> _EXERCISE DESCRIPTION_: Could you report every line from the entries that includes the word "Unit"?

(Beginning of EXERCISE MATERIALS)

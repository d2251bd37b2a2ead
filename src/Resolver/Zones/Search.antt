-- ===== src/Resolver/Zones/Search.antt =====
-- Which zone `_find_zone` of app/dnscore/resolver.py picks.
use nova_dns.Prelude.{
  ℕ, ◌≤◌, ◌≡◌, refl, ◌⊎◌, inl, inr, true, false, ◌&&◌, Option, none, some, List, [], ◌∷◌, arith,
  length, ltb, Bool-cases, ◌∙◌, IsIn,
}
use nova_dns.Text.{Text, text_eq, fold_name, rstrip_dot, lower}
use nova_dns.Wire.Types.{codes}
use nova_dns.Db.{Db, Zone, select}
use nova_dns.Resolver.Clients.{is_under}
use nova_dns.Resolver.Zones.{best_zone, find_zone}

length-rstrip_dot-le : (s : Text) → length (rstrip_dot s) ≤ length s
unfolding rstrip_dot
length-rstrip_dot-le [] = omega arith
length-rstrip_dot-le (c ∷ s) = ground (arith, length-rstrip_dot-le s)

length-lower : (s : Text) → length (lower s) ≡ length s
unfolding lower
length-lower [] = refl
length-lower (c ∷ s) = omega (arith, length-lower s)

length-fold_name-le : (s : Text) → length (fold_name s) ≤ length s
unfolding fold_name
length-fold_name-le s = omega (arith, length-rstrip_dot-le s, length-lower (rstrip_dot s))

-- Each zone of the list has a name of at most this length, or the name does not lie in it.
abbrev pub AllWithin : Text → ℕ → List Zone → Type 0
AllWithin qname n [] = Unit
AllWithin qname n (z ∷ zones) =
    ((is_under qname (fold_name z.name) ≡ false) ⊎ (length (fold_name z.name) ≤ n))
    × AllWithin qname n zones

-- The name lies in none of them.
abbrev pub NoneOver : Text → List Zone → Type 0
NoneOver qname [] = Unit
NoneOver qname (z ∷ zones) = (is_under qname (fold_name z.name) ≡ false) × NoneOver qname zones

-- The zone is of the list, the name lies in it, and no other zone of the list is closer.
pub record Closest (qname : Text) (zones : List Zone) (b : Zone) : Type 0 where
  pub listed : IsIn b zones
  pub over : is_under qname (fold_name b.name) ≡ true
  pub longest : AllWithin qname (length b.name) zones

-- What the loop makes of a best zone so far.
record Improved (qname : Text) (best : Zone) (zones : List Zone) : Type 0 where
  out : Zone
  result : best_zone qname (some best) zones ≡ some out
  listed : (out ≡ best) ⊎ IsIn out zones
  over : is_under qname (fold_name out.name) ≡ true
  grows : length best.name ≤ length out.name
  longest : AllWithin qname (length out.name) zones

-- the loop's step: a matching zone with a longer name is taken, and any other one passed over
best_zone-take :
    (qname : Text) (best : Option Zone) (z : Zone) (zones : List Zone)
    → is_under qname (fold_name z.name) ≡ true
    → (elim best [ none ↦ true | some b ↦ ltb (length b.name) (length (fold_name z.name)) ]) ≡ true
    → best_zone qname best (z ∷ zones) ≡ best_zone qname (some z) zones
unfolding best_zone
best_zone-take qname best z zones h longer = rw (h, longer)

best_zone-skip :
    (qname : Text) (best : Option Zone) (z : Zone) (zones : List Zone)
    → (is_under qname (fold_name z.name)
        && (elim best [ none ↦ true | some b ↦ ltb (length b.name) (length (fold_name z.name)) ]))
      ≡ false
    → best_zone qname best (z ∷ zones) ≡ best_zone qname best zones
unfolding best_zone
best_zone-skip qname best z zones h = rw h

improve :
    (qname : Text) (best : Zone) (zones : List Zone)
    → is_under qname (fold_name best.name) ≡ true
    → Improved qname best zones
improve qname best [] h = record {
  out = best;
  result = unfold best_zone in refl;
  listed = inl refl;
  over = h;
  grows = omega arith;
  longest = tt;
}
improve qname best (z ∷ zones) h = elim (Bool-cases (is_under qname (fold_name z.name))) [
  | inl m ↦ elim (Bool-cases (ltb (length best.name) (length (fold_name z.name)))) [
    | inl longer ↦
        let i = improve qname z zones m in
        record {
          out = i.out;
          result = best_zone-take qname (some best) z zones m longer ∙ i.result;
          listed = inr i.listed;
          over = i.over;
          grows = ground (arith, i.grows, length-fold_name-le z.name);
          longest = (inr (ground (arith, i.grows, length-fold_name-le z.name)), i.longest);
        }
    | inr shorter ↦
        let i = improve qname best zones h in
        record {
          out = i.out;
          result = best_zone-skip qname (some best) z zones (rw (m, shorter)) ∙ i.result;
          listed = passed i.listed;
          over = i.over;
          grows = i.grows;
          longest = (inr (ground (arith, i.grows)), i.longest);
        }
  ]
  | inr m ↦
      let i = improve qname best zones h in
      record {
        out = i.out;
        result = best_zone-skip qname (some best) z zones (rw m) ∙ i.result;
        listed = passed i.listed;
        over = i.over;
        grows = i.grows;
        longest = (inl m, i.longest);
      }
]
  where
    passed :
        {out : Zone} → (out ≡ best) ⊎ IsIn out zones → (out ≡ best) ⊎ ((out ≡ z) ⊎ IsIn out zones)
    passed (inl e) = inl e
    passed (inr i) = inr (inr i)

-- With no best zone yet.
pick :
    (qname : Text) (zones : List Zone)
    → (best_zone qname none zones ≡ none) × NoneOver qname zones
      ⊎ (b : Zone) × (best_zone qname none zones ≡ some b) × Closest qname zones b
pick qname [] = inl (unfold best_zone in refl, tt)
pick qname (z ∷ zones) = elim (Bool-cases (is_under qname (fold_name z.name))) [
  | inl m ↦
      let i = improve qname z zones m in
      inr (
        i.out,
        best_zone-take qname none z zones m refl ∙ i.result,
        record {
          listed = i.listed;
          over = i.over;
          longest = (inr (ground (arith, i.grows, length-fold_name-le z.name)), i.longest);
        },
      )
  | inr m ↦ elim (pick qname zones) [
    | inl (e, n) ↦ inl (best_zone-skip qname none z zones (rw m) ∙ e, (m, n))
    | inr (b, e, c) ↦ inr (
      b,
      best_zone-skip qname none z zones (rw m) ∙ e,
      record { listed = inr c.listed; over = c.over; longest = (inl m, c.longest) },
    )
  ]
]

-- The zones that `_find_zone` reads.
abbrev pub authoritative_zones : Db → List Zone
authoritative_zones db = select (λ z. text_eq z.ztype (codes "authoritative")) db.zones

-- The search finds no zone just when the name lies in no authoritative zone; else it finds an
-- authoritative zone that the name lies in, and no authoritative zone that the name lies in has,
-- without its closing dots, a longer name than the one found has with them.
pub find_zone-Closest :
    (db : Db) (qname : Text)
    → (find_zone db qname ≡ none) × NoneOver (fold_name qname) (authoritative_zones db)
      ⊎ (b : Zone) × (find_zone db qname ≡ some b)
        × Closest (fold_name qname) (authoritative_zones db) b
unfolding find_zone
find_zone-Closest db qname = pick (fold_name qname) (authoritative_zones db)
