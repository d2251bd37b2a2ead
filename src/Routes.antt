-- ===== src/Routes.antt =====
-- The web handlers of app/routes: a handler is a call on the site, that is the database and the cache
-- of the DNS server, if it runs. What it replies is told by status and number; texts are left out.
pub mod Zones
pub mod Settled
pub mod Kept
use nova_dns.Prelude.{
  ℕ, Bool, true, false, Option, none, some, List, [], ◌∷◌, String, Result, ok, err, if◌then◌else◌,
}
use nova_dns.Prelude.Int.{ℤ, pos, negsuc}
use nova_dns.Text.{Text}
use nova_dns.Wire.Types.{codes}
use nova_dns.Wire.Message.{ResourceRecord}
use nova_dns.Wire.Rdata.{Field, num, text, null, Value}
use nova_dns.Run.{Run, pure, write}
use nova_dns.Cache.{DnsCache, clear}
use nova_dns.Db.{Db}

pub record Site : Type 0 where
  pub db : Db
  pub cache : Option (DnsCache ResourceRecord)

-- What a handler replies: {"ok": true} alone, with an id or with a number of rows; a redirection to a
-- zone's page; a refusal with its HTTP status.
pub data Reply : Type 0 where
  done : Reply
  with_id : ℕ → Reply
  with_count : ℕ → Reply
  redirected : ℕ → Reply
  refused : ℕ → Reply

-- a call on the database, whose changes stay also when it raises
unfoldable pub put_db {ℓ} : {A : Type ℓ} → Site → Db × Result A → Site × Result A
put_db site (db, r) = (record site { db = db }, r)

abbrev pub on_db : {A : Type 0} → Run Db A → Run Site A
on_db call site = put_db site (call site.db)

-- `_bust_cache`
pub cleared : Option (DnsCache ResourceRecord) → Option (DnsCache ResourceRecord)
unfolding clear
cleared none = none
cleared (some cache) = some (clear cache)

unfoldable pub bust_cache : Run Site (Unit {0})
unfolding cleared
bust_cache = write (λ site. record site { cache = cleared site.cache })

-- `if test: return …` with a status
unfoldable pub refuse_if : Bool → ℕ → Run Site Reply → Run Site Reply
refuse_if true status next = pure (refused status)
refuse_if false status next = next
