-- ===== src/Routes/Kept.antt =====
-- The steps of a handler, as far as they keep the invariant of the tables.
use nova_dns.Prelude.{ℕ, Bool, true, false, Option, Result, ok}
use nova_dns.Text.{Text}
use nova_dns.Wire.Rdata.{Value}
use nova_dns.Run.{
  Run, ◌>>=◌, ◌>>◌, pure, lift, read, Steps, lift-Steps, read-Steps, write-Steps, bind-Steps,
}
use nova_dns.Db.{Db}
use nova_dns.Db.Statements.{insert_record, audit}
use nova_dns.Db.Valid.Statements.{Keeps, insert_record-Keeps, audit-Keeps}
use nova_dns.Routes.{Site, Reply, refused, put_db, on_db, bust_cache, refuse_if}

pub Keeps-same : (db : Db) → Keeps db db
Keeps-same db h = h

pub Keeps-trans : (a b c : Db) → Keeps a b → Keeps b c → Keeps a c
Keeps-trans a b c f g h = g (f h)

abbrev pub SiteKeeps : Site → Site → Type 0
SiteKeeps s t = Keeps s.db t.db

SiteKeeps-trans : (a b c : Site) → SiteKeeps a b → SiteKeeps b c → SiteKeeps a c
SiteKeeps-trans a b c f g h = g (f h)

-- chains of statements, and chains of steps of a handler
pub db_then :
    {A B : Type 0} (first : Run Db A) (next : A → Run Db B)
    → Steps Keeps first
    → ((a : A) → Steps Keeps (next a))
    → Steps Keeps (first >>= next)
db_then = bind-Steps Keeps Keeps-same Keeps-trans

pub site_then :
    {A B : Type 0} (first : Run Site A) (next : A → Run Site B)
    → Steps SiteKeeps first
    → ((a : A) → Steps SiteKeeps (next a))
    → Steps SiteKeeps (first >>= next)
site_then = bind-Steps SiteKeeps (λ s h. h) SiteKeeps-trans

pub given : {A : Type 0} (r : Result A) → Steps SiteKeeps (lift r)
given = lift-Steps SiteKeeps (λ s h. h) SiteKeeps-trans

put_db-Keeps :
    {A : Type 0} (s : Site) (x : Db × Result A) → Keeps s.db x.0 → SiteKeeps s (put_db s x).0
unfolding put_db
put_db-Keeps s (db, r) h = h

pub on : {A : Type 0} (call : Run Db A) → Steps Keeps call → Steps SiteKeeps (on_db call)
on call h = record { keeps = λ s. put_db-Keeps s (call s.db) (h.keeps s.db) }

-- a statement, with the rest of the handler
pub on_then :
    {A B : Type 0} (call : Run Db A) (next : A → Run Site B)
    → Steps Keeps call
    → ((a : A) → Steps SiteKeeps (next a))
    → Steps SiteKeeps (on_db call >>= next)
on_then call next h = site_then (on_db call) next (on call h)

pub look_then :
    {A B : Type 0} (view : Db → A) (next : A → Run Site B)
    → ((a : A) → Steps SiteKeeps (next a))
    → Steps SiteKeeps (on_db (read view) >>= next)
look_then view next = on_then (read view) next (read-Steps Keeps Keeps-same Keeps-trans view)

pub lift_then :
    {A B : Type 0} (r : Result A) (next : A → Run Site B)
    → ((a : A) → Steps SiteKeeps (next a))
    → Steps SiteKeeps (lift r >>= next)
lift_then r next = site_then (lift r) next (given r)

pub refuse_if-Steps :
    (test : Bool) (n : ℕ) (next : Run Site Reply)
    → Steps SiteKeeps next
    → Steps SiteKeeps (refuse_if test n next)
unfolding refuse_if
refuse_if-Steps true n next h = given (ok (refused n))
refuse_if-Steps false n next h = h

pub busted : (reply : Reply) → Steps SiteKeeps (bust_cache >> pure reply)
unfolding bust_cache
busted reply =
    site_then bust_cache _ (write-Steps SiteKeeps (λ s h. h) SiteKeeps-trans _ (λ s h. h))
      λ done. given (ok reply)

pub inserted :
    (zone_id : ℕ) (name rtype : Text) (ttl : Option ℕ) (v : Value) (m : Option Text)
    → Steps Keeps (insert_record zone_id name rtype ttl v m)
inserted zone_id name rtype ttl v m = record {
  keeps = insert_record-Keeps zone_id name rtype ttl v m;
}

pub logged : (action category : Text) → Steps Keeps (audit action category)
logged action category = record { keeps = audit-Keeps action category }
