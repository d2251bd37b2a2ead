-- ===== src/Routes/Settled.antt =====
-- How a handler ends that does not raise: it refuses and leaves the site as it was, or the cache is
-- empty afterwards.
use nova_dns.Prelude.{ℕ, ◌≡◌, refl, sym, ◌∙◌, ap, Bool, true, false, Result, ok, err}
use nova_dns.Run.{Run, go_on, go_on-eq-ok, ◌>>=◌, ◌>>◌, pure, lift, read}
use nova_dns.Db.{Db}
use nova_dns.Routes.{
  Site, Reply, done, with_id, with_count, redirected, refused, put_db, on_db, bust_cache, cleared,
  refuse_if,
}

abbrev pub IsDone : Reply → Type 0
IsDone (refused n) = ⊥
IsDone reply = Unit

-- Where the call ends well, it has emptied the cache and does not refuse.
pub record Clears (call : Run Site Reply) : Type 0 where
  pub empties :
      (s t : Site) (r : Reply) → call s ≡ (t, ok r) → (t.cache ≡ cleared s.cache) × IsDone r

-- A refusal leaves all as it was; any other reply comes with an empty cache.
abbrev pub IsSettled : Site → Site → Reply → Type 0
IsSettled s t (refused n) = t ≡ s
IsSettled s t reply = t.cache ≡ cleared s.cache

pub record Settles (call : Run Site Reply) : Type 0 where
  pub settled : (s t : Site) (r : Reply) → call s ≡ (t, ok r) → IsSettled s t r

-- The call leaves the cache alone.
pub record Spares {A : Type 0} (call : Run Site A) : Type 0 where
  pub spares : (s : Site) → (call s).0.cache ≡ s.cache

put_db-cache : {A : Type 0} (s : Site) (x : Db × Result A) → (put_db s x).0.cache ≡ s.cache
unfolding put_db
put_db-cache s (db, r) = refl

pub db-Spares : {A : Type 0} (call : Run Db A) → Spares (on_db call)
db-Spares call = record { spares = λ s. put_db-cache s (call s.db) }

pub lift-Spares : {A : Type 0} (r : Result A) → Spares {A = A} (lift r)
lift-Spares r = record { spares = λ s. refl }

go_on-cache :
    {A B : Type 0} (next : A → Run Site B) (s : Site) (x : Site × Result A)
    → x.0.cache ≡ s.cache
    → ((a : A) → Spares (next a))
    → (go_on next x).0.cache ≡ s.cache
unfolding go_on
go_on-cache next s (t, err e) h k = h
go_on-cache next s (t, ok a) h k = (k a).spares t ∙ h

pub bind-Spares :
    {A B : Type 0} (first : Run Site A) (next : A → Run Site B)
    → Spares first
    → ((a : A) → Spares (next a))
    → Spares (first >>= next)
bind-Spares first next h k = record { spares = λ s. go_on-cache next s (first s) (h.spares s) k }

abbrev reply_of : Result Reply → Reply
reply_of (ok b) = b
reply_of (err e) = done

IsDone-eq : (a b : Reply) → IsDone a → a ≡ b → IsDone b
IsDone-eq a b h e = rw (← e) h

pub bust-Clears : (r : Reply) → IsDone r → Clears (bust_cache >> pure r)
unfolding bust_cache go_on
bust-Clears r d = record {
  empties = λ s t b e. (ap (λ x. x.0.cache) (sym e), IsDone-eq r b d (ap (λ x. reply_of x.1) e));
}

pub bind-Clears :
    {A : Type 0} (first : Run Site A) (next : A → Run Site Reply)
    → Spares first
    → ((a : A) → Clears (next a))
    → Clears (first >>= next)
bind-Clears first next k h = record {
  empties = λ s t b e.
      let (a, u, e1, e2) = go_on-eq-ok next (first s) e in
      let (empty, d) = (h a).empties u t b e2 in
      (empty ∙ ap cleared (ap (λ x. x.0.cache) (sym e1) ∙ k.spares s), d);
}

Clears-IsSettled :
    (s t : Site) (r : Reply) → (t.cache ≡ cleared s.cache) × IsDone r → IsSettled s t r
Clears-IsSettled s t (refused n) h = absurd h.1
Clears-IsSettled s t done h = h.0
Clears-IsSettled s t (with_id n) h = h.0
Clears-IsSettled s t (with_count n) h = h.0
Clears-IsSettled s t (redirected n) h = h.0

pub Clears-Settles : (call : Run Site Reply) → Clears call → Settles call
Clears-Settles call h = record { settled = λ s t r e. Clears-IsSettled s t r (h.empties s t r e) }

IsSettled-eq : (s t : Site) (a b : Reply) → IsSettled s t a → a ≡ b → IsSettled s t b
IsSettled-eq s t a b h e = rw (← e) h

pub refused-Settles : (n : ℕ) → Settles (pure (refused n))
refused-Settles n = record {
  settled =
      λ s t r e. IsSettled-eq s t (refused n) r (ap (λ x. x.0) (sym e)) (ap (λ x. reply_of x.1) e);
}

-- after a look at the database, or a step that touches nothing
pub read-Settles :
    {A : Type 0} (view : Db → A) (next : A → Run Site Reply)
    → ((a : A) → Settles (next a))
    → Settles (on_db (read view) >>= next)
unfolding put_db go_on
read-Settles view next h = record { settled = λ s t r e. (h (view s.db)).settled s t r e }

pub lift-Settles :
    {A : Type 0} (x : Result A) (next : A → Run Site Reply)
    → ((a : A) → Settles (next a))
    → Settles (lift x >>= next)
lift-Settles x next h = record {
  settled = λ s t r e.
      let (a, u, e1, e2) = go_on-eq-ok next (s, x) e in
      let same : u ≡ s = ap (λ x. x.0) (sym e1) in (h a).settled s t r (rw same at e2);
}

pub refuse_if-Settles :
    (test : Bool) (n : ℕ) (next : Run Site Reply) → Settles next → Settles (refuse_if test n next)
unfolding refuse_if
refuse_if-Settles true n next h = refused-Settles n
refuse_if-Settles false n next h = h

(End of EXERCISE MATERIALS)

> _YOUR SOLUTION_:
AllWithin qname n [] = Unit
NoneOver qname [] = Unit
unfoldable pub bust_cache : Run Site (Unit {0})
IsDone reply = Unit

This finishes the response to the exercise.